Collected data entries:
_ _ _ _
-- ===== src/Tests/Corrections.antt =====
-- A receipt of two lines that is drafted, confirmed and corrected.
use prislapp.Prelude.{All, In, [], false, inl, map, none, refl, some, true, ℕ, ◌++◌, ◌+◌, ◌∷◌, ◌≡◌}
use prislapp.ListCopy.{deposit, product}
use prislapp.Prelude.Arithmetic.{
  add, decimal_le, digit_count, divide, half_even, quantize_even, to_context,
}
use prislapp.Prelude.Decimal.{Decimal, quantize, whole}
use prislapp.Prelude.Table.{Distinct}
use prislapp.Prices.Money.{per_package_price}
use prislapp.Prices.Pricing.{
  evaluate_line, identity_confirmed, no_condition, precision_unknown, to_date, unknown_basis,
}
use prislapp.Revisions.Applying.{
  ApplyCall, Others, alone, apply, committed, confirm_call, replay, revision_call,
}
use prislapp.Revisions.Cases.{IsLeft}
use prislapp.Revisions.Current.{IsCurrent, apply-IsCurrent}
use prislapp.Revisions.History.{IsKept, apply-IsKept}
use prislapp.Revisions.Model.{
  ReceiptConfirmRequest, ReceiptLineInput, Reconciliation, RevisedReceipt, Revision, RevisionDb,
  RevisionResponse, balanced, confirmed_revision, integrity_error, ok, receipt_confirm,
  source_unknown,
}
use prislapp.Revisions.Publishing.{IsPublishedBy, apply-published}
use prislapp.Revisions.Racing.{apply-race}
use prislapp.Revisions.Reconciling.{reconcile}
use prislapp.Revisions.Retrying.{apply-retry, apply_atomic}
use prislapp.Revisions.Writing.{Fresh, revision_row}
use prislapp.ShoppingList.Model.{ready_for_review}
use prislapp.Units.{each, normalize_quantity, unknown}

abbrev kroner : ℕ → Decimal
kroner digits = record { negative = false; digits = digits; places = 2 }

abbrev scanned : RevisedReceipt
scanned = record {
  id = 1;
  user_id = 9;
  status = ready_for_review;
  version = 0;
  purchase_date = none;
  purchase_time = none;
  date_precision = precision_unknown;
  date_source = source_unknown;
  total = none;
}

abbrev tables : RevisionDb
tables = record {
  receipts = scanned ∷ [];
  revisions = [];
  lines = [];
  observations = [];
  old_observations = record { id = 1; receipt_item_id = 4 } ∷ [];
  receipt_items = [];
  products =
      record {
        id = 7;
        user_id = 9;
        identity_status = identity_confirmed;
        pack_content = none;
        pack_unit = unknown;
      }
      ∷ [];
  stores = record { id = 3; user_id = 9; display_name = 75 ∷ []; is_branch = true } ∷ [];
  mutations = [];
  ledgers = [];
}

abbrev milk : ReceiptLineInput
milk = record {
  id = 11;
  raw_product_name = 77 ∷ [];
  user_product_id = some 7;
  quantity = some (whole 2);
  quantity_unit = each;
  line_type = product;
  net_line_total = some (kroner 4000);
  printed_unit_price = none;
  price_basis = unknown_basis;
  condition = no_condition;
}

abbrev bottle : ReceiptLineInput
bottle = record milk {
  id = 12;
  user_product_id = none;
  quantity = none;
  line_type = deposit;
  net_line_total = some (kroner 200);
}

abbrev body : ReceiptConfirmRequest
body = record {
  content = record {
    expected_version = 0;
    mutation_id = 50;
    store_id = some 3;
    purchase_date = some 100;
    purchase_time = none;
    date_precision = to_date;
    printed_total = some (kroner 4200);
    lines = milk ∷ bottle ∷ [];
  };
  accept_reconciliation_gap = false;
}

abbrev drawn : Fresh
drawn = record {
  instant = 5;
  revision_id = 100;
  line_id = λ n. n + 200;
  observation_id = λ n. n + 300;
}

abbrev first_call : ApplyCall
first_call = confirm_call (λ _. 1) 9 1 body

abbrev confirmed_tables : RevisionDb
confirmed_tables = (apply first_call drawn alone tables).1

abbrev balanced_totals : Reconciliation
balanced_totals = record {
  status = balanced;
  printed_total = some (kroner 4200);
  computed_total = kroner 4200;
  difference = some (kroner 0);
  gap_accepted_by_user = false;
  reason = none;
}

abbrev first_response : RevisionResponse
first_response = record {
  receipt_id = 1;
  revision = 1;
  status = confirmed_revision;
  price_data_version = 2;
  reconciliation = balanced_totals;
}

answers : apply first_call drawn alone tables ≡ (ok first_response, confirmed_tables)
unfolding apply reconcile evaluate_line normalize_quantity per_package_price divide add to_context
    digit_count half_even quantize quantize_even decimal_le
answers = refl

apply-retry_example :
    apply first_call drawn alone confirmed_tables ≡ (ok first_response, confirmed_tables)
apply-retry_example = apply-retry first_call drawn drawn alone alone tables answers

not_replayed : replay first_call tables ≡ none
not_replayed = refl

apply-published_example :
    All (IsPublishedBy first_call tables first_response) confirmed_tables.observations
apply-published_example = apply-published first_call drawn tables refl not_replayed answers

tables-IsCurrent : IsCurrent tables
tables-IsCurrent = ((tt, tt), tt)

apply-IsCurrent_example : IsCurrent (apply first_call drawn alone tables).1
apply-IsCurrent_example = apply-IsCurrent first_call drawn tables tables-IsCurrent

-- One observation is published, at 20 kroner a pack; the older one stays, as it is of another receipt.
published_prices :
    map (λ row. row.price) confirmed_tables.observations
    ≡ record { negative = false; digits = 20000000; places = 6 } ∷ []
unfolding apply reconcile evaluate_line normalize_quantity per_package_price divide add to_context
    digit_count half_even quantize quantize_even decimal_le
published_prices = refl

-- A body with the same version again, under another mutation id, is stale and changes nothing.
abbrev stale_call : ApplyCall
stale_call =
    confirm_call (λ _. 2) 9 1 (record body { content = record body.content { mutation_id = 51 } })

stale_keeps_tables : IsLeft alone confirmed_tables (apply stale_call drawn alone confirmed_tables).1
unfolding apply reconcile evaluate_line normalize_quantity per_package_price divide add to_context
    digit_count half_even quantize quantize_even decimal_le
stale_keeps_tables = apply_atomic stale_call drawn alone confirmed_tables refl

abbrev first_revision : Revision
first_revision = revision_row 100 1 9 body.content receipt_confirm 1 balanced_totals true 1 5

first_stored : In first_revision confirmed_tables.revisions
unfolding apply reconcile evaluate_line normalize_quantity per_package_price divide add to_context
    digit_count half_even quantize quantize_even decimal_le
first_stored = inl refl

one_revision : Distinct (λ (r : Revision). r.id) confirmed_tables.revisions
unfolding apply reconcile evaluate_line normalize_quantity per_package_price divide add to_context
    digit_count half_even quantize quantize_even decimal_le
one_revision = (tt, tt)

-- A correction of it.
abbrev correction : ApplyCall
correction =
    revision_call (λ _. 3) 9 1
      (record body { content = record body.content { expected_version = 1; mutation_id = 52 } })

apply-IsKept_example :
    IsKept confirmed_tables first_revision (apply correction drawn alone confirmed_tables).1
apply-IsKept_example =
    apply-IsKept correction drawn confirmed_tables first_revision one_revision first_stored refl

-- Another session confirms first.
abbrev rival : Others
rival = record {
  before_write = λ db. record db { revisions = db.revisions ++ first_revision ∷ [] };
  commit = committed;
}

rival_confirms_first :
    apply first_call drawn rival tables ≡ (integrity_error, rival.before_write tables)
unfolding apply reconcile evaluate_line normalize_quantity per_package_price divide add to_context
    digit_count half_even quantize quantize_even decimal_le
rival_confirms_first = apply-race first_call drawn rival tables refl refl refl refl
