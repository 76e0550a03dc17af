-- ===== src/Tests/Limits.antt =====
-- backend/app/services/rate_limit.py with two calls in ten ticks.
use prislapp.Prelude.{List, [], arith, count, map, refl, ◌∷◌, ◌≡◌, ◌≤◌}
use prislapp.RateLimit.Bound.{empty_limiter, let_through-limit}
use prislapp.RateLimit.Window.{Call, IsTimed, is_within, let_through}

abbrev busy : List Call
busy =
    record { key = 1; time = 0 }
    ∷ record { key = 1; time = 4 }
    ∷ record { key = 1; time = 8 }
    ∷ record { key = 2; time = 9 }
    ∷ record { key = 1; time = 10 }
    ∷ []

busy-IsTimed : IsTimed 0 busy
busy-IsTimed = (omega arith, (omega arith, (omega arith, (omega arith, (omega arith, tt)))))

let_through-limit_example : count (is_within 10 1 9) (let_through 2 10 busy empty_limiter) ≤ 2
let_through-limit_example = let_through-limit 2 10 1 busy busy-IsTimed 9

-- The third call of key 1 is refused; at 10 the first one is out of the window.
times : map (λ c. c.time) (let_through 2 10 busy empty_limiter) ≡ 0 ∷ 4 ∷ 9 ∷ 10 ∷ []
times = refl
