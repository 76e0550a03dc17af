-- ===== src/Tests/Logins.antt =====
-- Sessions that are started, exchanged, reused and ended. A token is the id of its session.
use prislapp.Prelude.{In, Option, [], arith, map, none, refl, some, true, ℕ, ◌+◌, ◌==◌, ◌∷◌, ◌≡◌}
use prislapp.Auth.Accounts.{
  complete_password_reset, login, login_or_register_google, register, request_password_reset,
}
use prislapp.Auth.Ending.{IsEnded, refresh-IsEnded, reuse-IsEnded}
use prislapp.Auth.Heads.{IsSingle, reaches-IsSingle}
use prislapp.Auth.Model.{
  Account, AuthDb, AuthSettings, Claims, Crypto, Drawn, RefreshSession, account_link_required,
  denied, email_registered, granted, invalid_refresh_token, invalid_reset,
}
use prislapp.Auth.Racing.{refresh-race}
use prislapp.Auth.Resetting.{reset-once}
use prislapp.Auth.Sessions.{
  logout, logout_all, new_session, refresh, refresh_reread, session_by_id, tokens_of,
}
use prislapp.Auth.Steps.{gets_lock, goes, logs_out_all, stays}

abbrev crypto : Crypto
crypto = record {
  encode = λ (c : Claims). c.session_id;
  decode = λ n. some (record {
    user_id = 7;
    is_refresh = true;
    session_id = n;
    family_id = 40;
    expires_at = 5000;
  });
  hash_secret = λ n. n + 1000;
  hash_password = λ _. 9;
  verify_password = λ _. λ hash. hash == 9;
  lower = λ text. text;
}

abbrev settings : AuthSettings
settings = record { refresh_token_expire = 500; password_reset_expire = 60 }

abbrev draws : ℕ → ℕ → Drawn
draws instant id = record {
  instant = instant;
  session_id = id;
  family_id = 40;
  row_id = 80;
  secret = 70;
}

abbrev account : Account
account = record { id = 7; email = 97 ∷ []; password_hash = some 9; google_sub = none }

abbrev before_login : AuthDb
before_login = record { sessions = []; resets = []; accounts = account ∷ [] }

abbrev logged_in : AuthDb
logged_in = (login crypto settings (draws 100 1) (97 ∷ []) (98 ∷ []) before_login).1

abbrev once : AuthDb
once = (refresh crypto settings (draws 110 2) (λ d. d) 1 logged_in).1

abbrev twice : AuthDb
twice = (refresh crypto settings (draws 120 3) (λ d. d) 2 once).1

-- The first token again, before and after its replacement is exchanged.
repeated_once :
    (refresh crypto settings (draws 115 9) (λ d. d) 1 once).0
    ≡ granted (record { user_id = 7; refresh_token = 2 })
unfolding login refresh
repeated_once = refl

repeated_twice :
    (refresh crypto settings (draws 125 9) (λ d. d) 1 twice).0 ≡ denied invalid_refresh_token
unfolding login refresh
repeated_twice = refl

google_refused :
    (login_or_register_google crypto settings (draws 100 1) 33 (97 ∷ []) true before_login).0
    ≡ denied account_link_required
unfolding login_or_register_google
google_refused = refl

taken :
    (register crypto settings (draws 100 1) (97 ∷ []) (98 ∷ []) before_login).0
    ≡ denied email_registered
unfolding register
taken = refl

left : map (λ s. s.revoked_at) (logout crypto 130 7 1 logged_in).sessions ≡ some 130 ∷ []
unfolding login logout
left = refl

logged_in-IsSingle : IsSingle 40 logged_in.sessions
unfolding login
logged_in-IsSingle = omega arith

-- A call of `refresh` that gets its lock after the user has logged out everywhere.
abbrev out : AuthDb
out = logout_all 105 7 logged_in

abbrev late : AuthDb
late = (refresh_reread crypto settings (draws 110 2) (session_by_id 1 out) out).1

reaches-IsSingle_example : IsSingle 40 late.sessions
reaches-IsSingle_example =
    reaches-IsSingle crypto settings true 40 logged_in late
      (goes logged_in out late (logs_out_all 105 7)
        (goes out late late (gets_lock (draws 110 2) 1 refl) (stays late)))
      logged_in-IsSingle

-- The sessions after both exchanges.
abbrev row : ℕ → Option ℕ → ℕ → RefreshSession
row id replaced_by expires_at = record {
  id = id;
  user_id = 7;
  token_hash = id + 1000;
  family_id = 40;
  revoked_at = none;
  replaced_by = replaced_by;
  expires_at = expires_at;
}

twice_sessions : twice.sessions ≡ row 1 (some 2) 600 ∷ row 2 (some 3) 610 ∷ row 3 none 620 ∷ []
unfolding login refresh
twice_sessions = refl

abbrev exchanged : AuthDb
exchanged = record before_login {
  sessions = row 1 (some 2) 600 ∷ row 2 (some 3) 610 ∷ row 3 none 620 ∷ [];
}

abbrev reused : AuthDb
reused = (refresh crypto settings (draws 125 9) (λ d. d) 1 exchanged).1

reuse-IsEnded_example :
    ((refresh crypto settings (draws 125 9) (λ d. d) 1 exchanged).0 ≡ denied invalid_refresh_token)
    × IsEnded 40 (logout_all 140 7 reused).sessions
reuse-IsEnded_example =
    reuse-IsEnded crypto settings (draws 125 9) 1 2 exchanged (logout_all 140 7 reused) refl refl
      refl refl refl refl refl
      (goes reused (logout_all 140 7 reused) (logout_all 140 7 reused) (logs_out_all 140 7)
        (stays (logout_all 140 7 reused)))

abbrev ended : AuthDb
ended = record before_login { sessions = record (row 1 none 600) { revoked_at = some 130 } ∷ [] }

refresh-IsEnded_example :
    refresh crypto settings (draws 140 9) (λ d. d) 1 ended ≡ (denied invalid_refresh_token, ended)
refresh-IsEnded_example =
    refresh-IsEnded crypto settings (draws 140 9) (λ d. d) 1 ended refl refl refl

abbrev fresh : AuthDb
fresh = record before_login { sessions = row 1 none 600 ∷ [] }

refresh-race_example :
    ((refresh crypto settings (draws 110 2) (logout_all 111 7) 1 fresh).0
      ≡ granted (tokens_of crypto (new_session crypto settings (draws 110 2) 7 40)))
    × In
        (new_session crypto settings (draws 110 2) 7 40)
        (refresh crypto settings (draws 110 2) (logout_all 111 7) 1 fresh).1.sessions
refresh-race_example =
    refresh-race crypto settings (draws 110 2) 111 1 fresh refl refl refl refl refl

abbrev asked : AuthDb
asked = (request_password_reset crypto settings (draws 100 1) true (97 ∷ []) before_login).1

asked_once :
    (complete_password_reset crypto settings (draws 130 2) 70 (99 ∷ []) asked).0 ≡ granted tt
unfolding request_password_reset complete_password_reset
asked_once = refl

reset-once_example :
    complete_password_reset crypto settings
      (draws 140 3)
      70
      (100 ∷ [])
      (complete_password_reset crypto settings (draws 130 2) 70 (99 ∷ []) asked).1
    ≡ (
      denied invalid_reset,
      (complete_password_reset crypto settings (draws 130 2) 70 (99 ∷ []) asked).1,
    )
reset-once_example =
    reset-once crypto settings (draws 130 2) (draws 140 3) 70 (99 ∷ []) (100 ∷ []) asked asked_once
_ _ _ _
▶ What is being asked:
Of all the entries above, output exactly the lines between the one holding "settings = record" and the one holding "(goes out late", inclusive.

▶ Problem solution:
settings = record { refresh_token_expire = 500; password_reset_expire = 60 }

abbrev draws : ℕ → ℕ → Drawn
draws instant id = record {
  instant = instant;
  session_id = id;
  family_id = 40;
  row_id = 80;
  secret = 70;
}

abbrev account : Account
account = record { id = 7; email = 97 ∷ []; password_hash = some 9; google_sub = none }

abbrev before_login : AuthDb
before_login = record { sessions = []; resets = []; accounts = account ∷ [] }

abbrev logged_in : AuthDb
logged_in = (login crypto settings (draws 100 1) (97 ∷ []) (98 ∷ []) before_login).1

abbrev once : AuthDb
once = (refresh crypto settings (draws 110 2) (λ d. d) 1 logged_in).1

abbrev twice : AuthDb
twice = (refresh crypto settings (draws 120 3) (λ d. d) 2 once).1

-- The first token again, before and after its replacement is exchanged.
repeated_once :
    (refresh crypto settings (draws 115 9) (λ d. d) 1 once).0
    ≡ granted (record { user_id = 7; refresh_token = 2 })
unfolding login refresh
repeated_once = refl

repeated_twice :
    (refresh crypto settings (draws 125 9) (λ d. d) 1 twice).0 ≡ denied invalid_refresh_token
unfolding login refresh
repeated_twice = refl

google_refused :
    (login_or_register_google crypto settings (draws 100 1) 33 (97 ∷ []) true before_login).0
    ≡ denied account_link_required
unfolding login_or_register_google
google_refused = refl

taken :
    (register crypto settings (draws 100 1) (97 ∷ []) (98 ∷ []) before_login).0
    ≡ denied email_registered
unfolding register
taken = refl

left : map (λ s. s.revoked_at) (logout crypto 130 7 1 logged_in).sessions ≡ some 130 ∷ []
unfolding login logout
left = refl

logged_in-IsSingle : IsSingle 40 logged_in.sessions
unfolding login
logged_in-IsSingle = omega arith

-- A call of `refresh` that gets its lock after the user has logged out everywhere.
abbrev out : AuthDb
out = logout_all 105 7 logged_in

abbrev late : AuthDb
late = (refresh_reread crypto settings (draws 110 2) (session_by_id 1 out) out).1

reaches-IsSingle_example : IsSingle 40 late.sessions
reaches-IsSingle_example =
    reaches-IsSingle crypto settings true 40 logged_in late
      (goes logged_in out late (logs_out_all 105 7)
        (goes out late late (gets_lock (draws 110 2) 1 refl) (stays late)))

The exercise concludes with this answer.